Ask HN: How would you improve Hacker News? - geckoquaint
======
randycupertino
Mandatory flair when people submit posts so later everyone can search by
topic.

"machine learning" "health tech" "web dev" "biotech" "systems" ... etc.

There's just too much new content to constantly keep up and always spot
articles about one topic if you are interested. The search doesn't really work
for this either.

------
krapp
Most of my "suggestions" have to do with the UX and some of them are probably
coming eventually, and a lot have been suggested by other people as well. Let
the metaposting begin ...

\- collapsible comments.

\- auto merging of identical stories into subtrees on the new/news pages so no
one story can overwhelm it

\- collapse comments on identical stories into subtrees on the new comments
page so no one story can overwhelm it

\- don't show comments from stories on the new comments page which are more
than two levels deep, because they're not likely to be directly relevant to
the OP (and it discourages fueling possible flamewars.)

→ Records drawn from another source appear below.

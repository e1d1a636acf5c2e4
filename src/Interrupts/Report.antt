-- ===== src/Interrupts/Report.antt =====
-- The texts that describe interrupts, and the report of `isr_handler` (the build defines
-- KERNEL_DEBUG).
use jslk.Base.{ℕ, List, [], leb, write, ◌∷◌, if◌then◌else◌}
use jslk.Console.{Console, kprint}
use jslk.Console.Numbers.{kernel_print_dec}

-- "Division by zero"
abbrev division_by_zero : List ℕ
division_by_zero =
    68 ∷ 105 ∷ 118 ∷ 105 ∷ 115 ∷ 105 ∷ 111 ∷ 110 ∷ 32 ∷ 98 ∷ 121 ∷ 32 ∷ 122 ∷ 101 ∷ 114 ∷ 111 ∷ []

-- "Debug Exception"
abbrev debug_exception : List ℕ
debug_exception =
    68 ∷ 101 ∷ 98 ∷ 117 ∷ 103 ∷ 32 ∷ 69 ∷ 120 ∷ 99 ∷ 101 ∷ 112 ∷ 116 ∷ 105 ∷ 111 ∷ 110 ∷ []

-- "Non maskable interrupt"
abbrev non_maskable_interrupt : List ℕ
non_maskable_interrupt =
    78 ∷ 111 ∷ 110 ∷ 32 ∷ 109 ∷ 97 ∷ 115 ∷ 107 ∷ 97 ∷ 98 ∷ 108 ∷ 101 ∷ 32 ∷ 105 ∷ 110 ∷ 116 ∷ 101
    ∷ 114 ∷ 114 ∷ 117 ∷ 112 ∷ 116 ∷ []

-- "Breakpointeption Exception"
abbrev breakpointeption_exception : List ℕ
breakpointeption_exception =
    66 ∷ 114 ∷ 101 ∷ 97 ∷ 107 ∷ 112 ∷ 111 ∷ 105 ∷ 110 ∷ 116 ∷ 101 ∷ 112 ∷ 116 ∷ 105 ∷ 111 ∷ 110 ∷ 32
    ∷ 69 ∷ 120 ∷ 99 ∷ 101 ∷ 112 ∷ 116 ∷ 105 ∷ 111 ∷ 110 ∷ []

-- "Into detected overflow"
abbrev into_detected_overflow : List ℕ
into_detected_overflow =
    73 ∷ 110 ∷ 116 ∷ 111 ∷ 32 ∷ 100 ∷ 101 ∷ 116 ∷ 101 ∷ 99 ∷ 116 ∷ 101 ∷ 100 ∷ 32 ∷ 111 ∷ 118 ∷ 101
    ∷ 114 ∷ 102 ∷ 108 ∷ 111 ∷ 119 ∷ []

-- "Out of bounds exception"
abbrev out_of_bounds_exception : List ℕ
out_of_bounds_exception =
    79 ∷ 117 ∷ 116 ∷ 32 ∷ 111 ∷ 102 ∷ 32 ∷ 98 ∷ 111 ∷ 117 ∷ 110 ∷ 100 ∷ 115 ∷ 32 ∷ 101 ∷ 120 ∷ 99
    ∷ 101 ∷ 112 ∷ 116 ∷ 105 ∷ 111 ∷ 110 ∷ []

-- "Invalid opcode"
abbrev invalid_opcode : List ℕ
invalid_opcode = 73 ∷ 110 ∷ 118 ∷ 97 ∷ 108 ∷ 105 ∷ 100 ∷ 32 ∷ 111 ∷ 112 ∷ 99 ∷ 111 ∷ 100 ∷ 101 ∷ []

-- "No coprocessor exception"
abbrev no_coprocessor_exception : List ℕ
no_coprocessor_exception =
    78 ∷ 111 ∷ 32 ∷ 99 ∷ 111 ∷ 112 ∷ 114 ∷ 111 ∷ 99 ∷ 101 ∷ 115 ∷ 115 ∷ 111 ∷ 114 ∷ 32 ∷ 101 ∷ 120
    ∷ 99 ∷ 101 ∷ 112 ∷ 116 ∷ 105 ∷ 111 ∷ 110 ∷ []

-- "Double Fault"
abbrev double_fault : List ℕ
double_fault = 68 ∷ 111 ∷ 117 ∷ 98 ∷ 108 ∷ 101 ∷ 32 ∷ 70 ∷ 97 ∷ 117 ∷ 108 ∷ 116 ∷ []

-- "Coprocessor segment overrun"
abbrev coprocessor_segment_overrun : List ℕ
coprocessor_segment_overrun =
    67 ∷ 111 ∷ 112 ∷ 114 ∷ 111 ∷ 99 ∷ 101 ∷ 115 ∷ 115 ∷ 111 ∷ 114 ∷ 32 ∷ 115 ∷ 101 ∷ 103 ∷ 109 ∷ 101
    ∷ 110 ∷ 116 ∷ 32 ∷ 111 ∷ 118 ∷ 101 ∷ 114 ∷ 114 ∷ 117 ∷ 110 ∷ []

-- "Bad TSS"
abbrev bad_tss : List ℕ
bad_tss = 66 ∷ 97 ∷ 100 ∷ 32 ∷ 84 ∷ 83 ∷ 83 ∷ []

-- "Segment not present"
abbrev segment_not_present : List ℕ
segment_not_present =
    83 ∷ 101 ∷ 103 ∷ 109 ∷ 101 ∷ 110 ∷ 116 ∷ 32 ∷ 110 ∷ 111 ∷ 116 ∷ 32 ∷ 112 ∷ 114 ∷ 101 ∷ 115 ∷ 101
    ∷ 110 ∷ 116 ∷ []

-- "Stack fault"
abbrev stack_fault : List ℕ
stack_fault = 83 ∷ 116 ∷ 97 ∷ 99 ∷ 107 ∷ 32 ∷ 102 ∷ 97 ∷ 117 ∷ 108 ∷ 116 ∷ []

-- "General Protection Fault"
abbrev general_protection_fault : List ℕ
general_protection_fault =
    71 ∷ 101 ∷ 110 ∷ 101 ∷ 114 ∷ 97 ∷ 108 ∷ 32 ∷ 80 ∷ 114 ∷ 111 ∷ 116 ∷ 101 ∷ 99 ∷ 116 ∷ 105 ∷ 111
    ∷ 110 ∷ 32 ∷ 70 ∷ 97 ∷ 117 ∷ 108 ∷ 116 ∷ []

-- "Page fault"
abbrev page_fault : List ℕ
page_fault = 80 ∷ 97 ∷ 103 ∷ 101 ∷ 32 ∷ 102 ∷ 97 ∷ 117 ∷ 108 ∷ 116 ∷ []

-- "Unknown interrupt exception"
abbrev unknown_interrupt_exception : List ℕ
unknown_interrupt_exception =
    85 ∷ 110 ∷ 107 ∷ 110 ∷ 111 ∷ 119 ∷ 110 ∷ 32 ∷ 105 ∷ 110 ∷ 116 ∷ 101 ∷ 114 ∷ 114 ∷ 117 ∷ 112
    ∷ 116 ∷ 32 ∷ 101 ∷ 120 ∷ 99 ∷ 101 ∷ 112 ∷ 116 ∷ 105 ∷ 111 ∷ 110 ∷ []

-- "Coprocessor fault"
abbrev coprocessor_fault : List ℕ
coprocessor_fault =
    67 ∷ 111 ∷ 112 ∷ 114 ∷ 111 ∷ 99 ∷ 101 ∷ 115 ∷ 115 ∷ 111 ∷ 114 ∷ 32 ∷ 102 ∷ 97 ∷ 117 ∷ 108 ∷ 116
    ∷ []

-- "Alignment check exception"
abbrev alignment_check_exception : List ℕ
alignment_check_exception =
    65 ∷ 108 ∷ 105 ∷ 103 ∷ 110 ∷ 109 ∷ 101 ∷ 110 ∷ 116 ∷ 32 ∷ 99 ∷ 104 ∷ 101 ∷ 99 ∷ 107 ∷ 32 ∷ 101
    ∷ 120 ∷ 99 ∷ 101 ∷ 112 ∷ 116 ∷ 105 ∷ 111 ∷ 110 ∷ []

-- "Machine check exception"
abbrev machine_check_exception : List ℕ
machine_check_exception =
    77 ∷ 97 ∷ 99 ∷ 104 ∷ 105 ∷ 110 ∷ 101 ∷ 32 ∷ 99 ∷ 104 ∷ 101 ∷ 99 ∷ 107 ∷ 32 ∷ 101 ∷ 120 ∷ 99
    ∷ 101 ∷ 112 ∷ 116 ∷ 105 ∷ 111 ∷ 110 ∷ []

-- "Reserved Interrupt"
abbrev reserved_interrupt : List ℕ
reserved_interrupt =
    82 ∷ 101 ∷ 115 ∷ 101 ∷ 114 ∷ 118 ∷ 101 ∷ 100 ∷ 32 ∷ 73 ∷ 110 ∷ 116 ∷ 101 ∷ 114 ∷ 114 ∷ 117 ∷ 112
    ∷ 116 ∷ []

-- `intDescription`, as it is before `addDescription` changes it.
abbrev pub int_description : List (List ℕ)
int_description =
    division_by_zero ∷ debug_exception ∷ non_maskable_interrupt ∷ breakpointeption_exception
    ∷ into_detected_overflow ∷ out_of_bounds_exception ∷ invalid_opcode ∷ no_coprocessor_exception
    ∷ double_fault ∷ coprocessor_segment_overrun ∷ bad_tss ∷ segment_not_present ∷ stack_fault
    ∷ general_protection_fault ∷ page_fault ∷ unknown_interrupt_exception ∷ coprocessor_fault
    ∷ alignment_check_exception ∷ machine_check_exception ∷ reserved_interrupt ∷ reserved_interrupt
    ∷ reserved_interrupt ∷ reserved_interrupt ∷ reserved_interrupt ∷ reserved_interrupt
    ∷ reserved_interrupt ∷ reserved_interrupt ∷ reserved_interrupt ∷ reserved_interrupt
    ∷ reserved_interrupt ∷ reserved_interrupt ∷ reserved_interrupt ∷ []

-- "Received interrupt: "
abbrev pub received_interrupt : List ℕ
received_interrupt =
    82 ∷ 101 ∷ 99 ∷ 101 ∷ 105 ∷ 118 ∷ 101 ∷ 100 ∷ 32 ∷ 105 ∷ 110 ∷ 116 ∷ 101 ∷ 114 ∷ 114 ∷ 117 ∷ 112
    ∷ 116 ∷ 58 ∷ 32 ∷ []

-- " ("
abbrev pub open_bracket : List ℕ
open_bracket = 32 ∷ 40 ∷ []

-- ") \n"
abbrev pub close_bracket : List ℕ
close_bracket = 41 ∷ 32 ∷ 10 ∷ []

-- `descriptions num` is the text at the pointer that the array has at the index, or, past its end,
-- at the word that stands there.
unfoldable pub report : (descriptions : ℕ → List ℕ) (num : ℕ) → Console → Console
report descriptions num s =
    let s1 = kernel_print_dec num (kprint received_interrupt s) in
    let s2 = kprint (descriptions num) (kprint open_bracket s1) in kprint close_bracket s2

-- "ERROR: Could not change interrupt description, interrupt locked"
abbrev description_locked : List ℕ
description_locked =
    69 ∷ 82 ∷ 82 ∷ 79 ∷ 82 ∷ 58 ∷ 32 ∷ 67 ∷ 111 ∷ 117 ∷ 108 ∷ 100 ∷ 32 ∷ 110 ∷ 111 ∷ 116 ∷ 32 ∷ 99
    ∷ 104 ∷ 97 ∷ 110 ∷ 103 ∷ 101 ∷ 32 ∷ 105 ∷ 110 ∷ 116 ∷ 101 ∷ 114 ∷ 114 ∷ 117 ∷ 112 ∷ 116 ∷ 32
    ∷ 100 ∷ 101 ∷ 115 ∷ 99 ∷ 114 ∷ 105 ∷ 112 ∷ 116 ∷ 105 ∷ 111 ∷ 110 ∷ 44 ∷ 32 ∷ 105 ∷ 110 ∷ 116
    ∷ 101 ∷ 114 ∷ 114 ∷ 117 ∷ 112 ∷ 116 ∷ 32 ∷ 108 ∷ 111 ∷ 99 ∷ 107 ∷ 101 ∷ 100 ∷ []

-- `addDescription`. The index is not compared with the array's end.
unfoldable pub add_description :
    (num : ℕ) (description : List ℕ) (descriptions : ℕ → List ℕ) → Console → (ℕ → List ℕ) × Console
add_description num description descriptions s =
    if leb num 19
    then (descriptions, kprint description_locked s)
    else (write descriptions num description, s)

\- don't show comments on the new comments page which have been voted down, to
discourage drive-by downvotes.

\- don't allow voting from the new comments page - if someone wants to vote
they should have to actually read the thread.

\- links to comments on the new comments page should lead to the parent of
that comment, where it exists, to include part of the context.

\- the ability to sort a thread chronologically.

\- a way to save threads and comments other than upvoting them.

\- a way to unsave threads and comments.

\- reversible voting.

\- remove the greying out of text posts.

\- remove the greying out of downvotes.

\- remove visible karma counts.

\- don't allow posts to be deleted after they've been replied to, _or_ auto-
kill or auto-prune replies to a deleted post.

\- an option to change your username.

\- display green usernames as a randomly generated hash. This would hopefully
discourage trolls adopting personas with ironic and insulting usernames, which
seems to happen a lot.

\- boards, hashtags, _some_ extra bit of abstraction to sort stories by.

\- replace shadowbanning with actual banning _or_ show a message to a banned
user when they're logged in informing them of their status and that their
comments will need community approval for the time being. Basically, no longer
expect it to work by fooling people.

------
jelavich
better purging of identical topics. I see the same article or topic appear
several times over a few days.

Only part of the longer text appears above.